**ASSIGNMENT**
A bare number is the expected answer: the count of lines in the records that contain the word "letters".

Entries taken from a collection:
· · · ·

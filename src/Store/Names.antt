-- ===== src/Store/Names.antt =====
-- Digests as paths, and the names that refs are recorded under.
use climate.Common.{
  Text, codes, split_once, is_alphanumeric, is_empty, replace, all, ◌==◌, some, [], ◌∷◌, ◌++◌, Bool,
  true, false, ℕ, ok, ◌≡◌, refl, ap, sym, ◌∙◌, arith, Option-cases, inl, inr, All-append, Lacks,
  is_whitespace, starts_with,
}
use climate.Store.{Path2, is_clean, digest_path, marker_name}

split_once-eq_some :
    (b : ℕ) (s left right : Text) → split_once b s ≡ some (left, right) → left ++ (b ∷ right) ≡ s
split_once-eq_some b [] left right h = cc
split_once-eq_some b (c ∷ s) left right h = elim (Option-cases (split_once b s)) [
  | inl without ↦ ground arith
  | inr ((l, r), e) ↦ ground (arith, split_once-eq_some b s l r e)
]

-- A digest that is accepted is `<algo>:<hex>` of its path, and both parts are letters and digits: it
-- names no file outside the directory.
pub digest_path_sound :
    (digest algo hex : Text)
    → digest_path digest ≡ ok (algo, hex)
    → (algo ++ (b':' ∷ hex) ≡ digest) × (is_clean algo ≡ true) × (is_clean hex ≡ true)
unfolding digest_path
digest_path_sound digest algo hex h = elim (Option-cases (split_once b':' digest)) [
  | inl without ↦ ground arith
  | inr ((l, r), e) ↦ ground (arith, split_once-eq_some b':' digest l r e)
]

-- What is letters and digits holds no white space, and starts with no dot.
is_clean-Lacks : (s : Text) → all is_alphanumeric s ≡ true → Lacks is_whitespace s
is_clean-Lacks [] h = tt
is_clean-Lacks (c ∷ s) h = (ground arith, is_clean-Lacks s (ground arith))

Lacks-append : (p : ℕ → Bool) (s t : Text) → Lacks p s → Lacks p t → Lacks p (s ++ t)
Lacks-append p s t hs ht = All-append (λ c. p c ≡ false) s t hs ht

pub digest_path-Lacks :
    (digest : Text) (path : Path2)
    → digest_path digest ≡ ok path
    → Lacks is_whitespace digest × (is_empty digest ≡ false)
unfolding is_clean
digest_path-Lacks digest (algo, hex) h =
    let (e, clean_algo, clean_hex) = digest_path_sound digest algo hex h in
    rw (← e) (
      Lacks-append is_whitespace algo (b':' ∷ hex) (is_clean-Lacks algo (ground arith))
          (refl, is_clean-Lacks hex (ground arith)),
      nonempty algo,
    )
  where
    nonempty : (a : Text) → is_empty (a ++ b':' ∷ hex) ≡ false
    nonempty [] = refl
    nonempty (c ∷ a) = refl

pub is_clean-head : (s : Text) → is_clean s ≡ true → starts_with s (codes ".extract-") ≡ false
unfolding is_clean
is_clean-head [] h = refl
is_clean-head (c ∷ s) h = ground arith

-- A reference without `+` is found again in the name of its marker.
replace_back : (s : Text) → Lacks (λ c. c == b'+') s → replace b'+' b'/' (marker_name s) ≡ s
unfolding marker_name
replace_back [] h = refl
replace_back (c ∷ s) h = ground (arith, replace_back s h.1, h.0)

-- Two references that hold no `+` are recorded under different names.
pub marker_name-injective :
    (s t : Text)
    → Lacks (λ c. c == b'+') s
    → Lacks (λ c. c == b'+') t
    → marker_name s ≡ marker_name t
    → s ≡ t
marker_name-injective s t hs ht e =
    sym (replace_back s hs) ∙ ap (replace b'+' b'/') e ∙ replace_back t ht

· · · ·

**SOLUTION TO THIS EXERCISE**
2